Bloomberg recently published a piece focusing on the rapidly growing prop trading industry, opening with the claim that only a very small fraction of participants actually turn a profit. The article cites data from FPFX Technologies, reporting that just about 4% of traders successfully withdraw earnings, while the vast majority fail in simulated funding challenges, leaving only the sunk cost of repeated fees. User feedback highlighted in the article paints prop trading as a high-fee, low-return model with outsourced risk.
However, the report immediately sparked pushback from industry insiders. Kathy Lien of BK Traders and Prop Trader Edge released a video addressing the article point by point. She argues that while Bloomberg accurately reported certain risk statistics, it overlooks the more nuanced structure and development of the industry. Crucially, she notes, the markets themselves are not simulated—prices of the Nasdaq, gold, and other assets are fully real. The only "virtual" element is the capital provided in the challenge phase, not the trading environment. By framing prop trading as a "virtual game," the article risks misleading the public.
On the issue of fees, Lien acknowledges that challenge fees are a major revenue source for many platforms, but calling them "predatory" is unfair. Compared with risking thousands of dollars of one's own money, paying tens of dollars to participate in a challenge can be a low-cost way to learn risk management and trading discipline. Bloomberg's focus on unsuccessful participants overlooks those who treat the challenge as an educational investment and use it to systematically improve their trading strategies.
Bloomberg also highlights that strict risk control rules make success for newcomers unlikely. Daily loss limits, maximum drawdowns, minimum trading days, and other requirements are seen in the report as mechanisms that artificially suppress profitability. Lien, however, sees these rules as simulating institutional risk management rather than hindering earnings. Many platforms have gradually relaxed restrictions, eliminating minimum trading days and adopting fixed drawdowns instead of trailing ones, lowering barriers for professional-style trading. Platforms like Think Capital and Axi Select are cited as examples of operators reducing unnecessary constraints in response to market feedback.
The article features extreme cases, such as traders spending over $10,000 on repeated challenges without reaching a funded account. For critics, these stories appear as evidence of exploitation. Lien invites viewers to consider another perspective: if some traders willingly repeat dozens or even hundreds of challenges, it indicates the model has its appeal. In her view, the cost of learning is limited to challenge fees, avoiding direct losses of thousands of dollars in personal capital. One trader, Armash, for example, has reportedly failed many challenges but ultimately accumulated over $1 million in payouts, viewing challenge fees as a business expense.

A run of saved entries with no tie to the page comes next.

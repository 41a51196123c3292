-- ===== src/ReviewPersistence/Registration/Stored.antt =====
-- The cases that a registration leaves stored.
use ai_data_quality_platform.Base.{
  String, true, Option, none, some, List, [], ◌∷◌, ◌++◌, ok, eq_iff, returned-bind, ok-injective,
  ◌≡◌, refl, sym, ap, subst, arith, text_eq, inl, inr, Option-cases, Bool-cases,
}
use ai_data_quality_platform.Base.AllOf.{AnyOf, AnyOf-last}
use ai_data_quality_platform.HumanReview.Models.{ReviewCase}
use ai_data_quality_platform.ReviewApplication.Errors.{persisted_case_integrity}
use ai_data_quality_platform.ReviewApplication.Models.{
  PersistedCase, initial_case, persisted_case, require_text,
}
use ai_data_quality_platform.ReviewPersistence.Rows.{StorageTools, CaseRow, case_to_row}
use ai_data_quality_platform.ReviewPersistence.Tables.{ReviewStore, insert_case, is_case}
use ai_data_quality_platform.ReviewPersistence.Repository.{
  fetchone, select_case, assert_identity_matches,
}
use ai_data_quality_platform.ReviewPersistence.Registration.{
  assert_registrable, register_found, register_case_in,
}

-- A row of the case in the queue.
pub record IsRowOf (queue case_id : String) (row : CaseRow) : Type 0 where
  pub same_queue : row.review_queue_id ≡ queue
  pub same_case : row.review_case_id ≡ case_id

-- The case has a row in the queue.
abbrev pub IsStoredIn : String → List CaseRow → ReviewCase → Type 0
IsStoredIn queue rows c = AnyOf (IsRowOf queue c.review_case_id) rows

module _ (queue case_id : String) where
  is_case-IsRowOf : (row : CaseRow) → is_case queue case_id row ≡ true → IsRowOf queue case_id row
  is_case-IsRowOf row h = record {
    same_queue = (eq_iff row.review_queue_id queue).0 (ground arith);
    same_case = (eq_iff row.review_case_id case_id).0 (ground arith);
  }

  fetchone-IsRowOf :
      (rows : List CaseRow) (row : CaseRow)
      → fetchone (is_case queue case_id) rows ≡ some row
      → AnyOf (IsRowOf queue case_id) rows
  unfolding fetchone
  fetchone-IsRowOf [] row h = cc
  fetchone-IsRowOf (r ∷ rows) row h = elim (Bool-cases (is_case queue case_id r)) [
    | inl hit ↦ inl (is_case-IsRowOf r hit)
    | inr miss ↦ inr (fetchone-IsRowOf rows row (rw miss at h))
  ]

pub insert_case-inserted :
    (row : CaseRow) (store store' : ReviewStore)
    → insert_case row store ≡ some store'
    → store' ≡ record store { review_cases = store.review_cases ++ row ∷ [] }
unfolding insert_case
insert_case-inserted row store store' h = ground arith

pub initial_case-first :
    (strip : String → String) (c : ReviewCase) (now : String) (p : PersistedCase)
    → initial_case strip c now ≡ ok p
    → p ≡ record { case = c; version = 1; created_at_utc = now; updated_at_utc = now }
unfolding initial_case persisted_case
initial_case-first strip c now p h =
    let (u, h1, e1) = returned-bind (require_text strip persisted_case_integrity now) _ h in
    let (v, h2, e2) = returned-bind (require_text strip persisted_case_integrity now) _ h1 in
    let (w, h3, e3) =
      returned-bind (require_text strip persisted_case_integrity c.review_case_id) _ h2 in
    sym (ok-injective h3)

module _ (tools : StorageTools) (queue : String) where
  selected-IsStoredIn :
      (c : ReviewCase) (store : ReviewStore) (existing : PersistedCase)
      → select_case tools queue c.review_case_id store ≡ ok (some existing)
      → IsStoredIn queue store.review_cases c
  unfolding select_case
  selected-IsStoredIn c store existing h =
      elim (Option-cases (fetchone (is_case queue c.review_case_id) store.review_cases)) [
        | inl absent ↦ cc (rw (absent, select_case) at h)
        | inr (row, there) ↦ fetchone-IsRowOf queue c.review_case_id store.review_cases row there
      ]

  -- The id of an initial case is that of its case.
  inserted-IsStoredIn :
      (c : ReviewCase) (p : PersistedCase) (store stored : ReviewStore)
      → p.case ≡ c
      → insert_case (case_to_row tools p queue) store ≡ some stored
      → IsStoredIn queue stored.review_cases c
  unfolding case_to_row
  inserted-IsStoredIn c p store stored same inserted =
      subst (λ (s : ReviewStore). IsStoredIn queue s.review_cases c)
        (sym (insert_case-inserted (case_to_row tools p queue) store stored inserted))
        (AnyOf-last (IsRowOf queue c.review_case_id) store.review_cases (case_to_row tools p queue)
          (record {
            same_queue = refl;
            same_case = ap (λ (d : ReviewCase). d.review_case_id) same;
          }))

  answer-IsStoredIn :
      (c : ReviewCase) (now : String) (p : PersistedCase) (store store' : ReviewStore)
      (found : Option PersistedCase)
      → select_case tools queue c.review_case_id store ≡ ok found
      → register_found tools queue c now store found ≡ ok (p, store')
      → IsStoredIn queue store'.review_cases c
  unfolding register_found
  answer-IsStoredIn c now p store store' (some existing) selected h =
      let (u, h1, same) = returned-bind (assert_identity_matches existing c) _ h in
      subst (λ (s : ReviewStore). IsStoredIn queue s.review_cases c)
        (ap (λ w. w.1) (ok-injective h1)) (selected-IsStoredIn c store existing selected)
  answer-IsStoredIn c now p store store' none selected h =
      let (q, h1, made) = returned-bind (initial_case tools.strip c now) _ h in
      elim (Option-cases (insert_case (case_to_row tools q queue) store)) [
        | inl refused ↦ cc (rw refused at h1)
        | inr (stored, inserted) ↦
            let whole : ok (q, stored) ≡ ok (p, store') = rw inserted at h1 in
            subst (λ (s : ReviewStore). IsStoredIn queue s.review_cases c)
              (ap (λ w. w.1) (ok-injective whole))
              (inserted-IsStoredIn c q store stored
                (ap (λ (w : PersistedCase). w.case) (initial_case-first tools.strip c now q made))
                inserted)
      ]

  -- A registration that returns leaves its case stored.
  pub register_case_in-IsStoredIn :
      (c : ReviewCase) (now : String) (p : PersistedCase) (store store' : ReviewStore)
      → register_case_in tools queue c now store ≡ ok (p, store')
      → IsStoredIn queue store'.review_cases c
  unfolding register_case_in
  register_case_in-IsStoredIn c now p store store' h =
      let (u, h1, registrable) = returned-bind (assert_registrable c) _ h in
      let (found, h2, selected) =
        returned-bind (select_case tools queue c.review_case_id store) _ h1 in
      answer-IsStoredIn c now p store store' found selected h2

Regulatory attention is also rising. Bloomberg quotes the UK's FCA warning that prop trading promotions suggesting easy profits could mislead young investors, creating a "gamified" psychological risk. This has fueled further scrutiny over whether platforms downplay risk. In response, some leading operators are adjusting their strategies. As reported, FTMO stopped accepting U.S. clients and revised promotional materials to emphasize that trading involves simulated capital, while also acquiring the regulated U.S. broker OANDA to pursue a compliant operational model.
In her video, Lien does not deny that problems exist, including withdrawal delays, rule changes, and marketing exaggeration. However, she believes Bloomberg frames these issues as reflective of the industry's essence, ignoring the educational and talent-development aspects of prop trading. The industry has grown from just a few firms ten years ago to hundreds today, attracting university competitions, professional training programs, and broker-backed initiatives. Many participants view it as a potential career path rather than a mere "pay-to-play" game.
Bloomberg's coverage raises valid risk awareness, but industry responses highlight different experiences and realities. The narrative gap underscores a rapidly expanding, lightly regulated, and controversial sector. Debates over transparency, fee structures, and risk management rules are likely to continue, leaving the future trajectory of prop trading uncertain.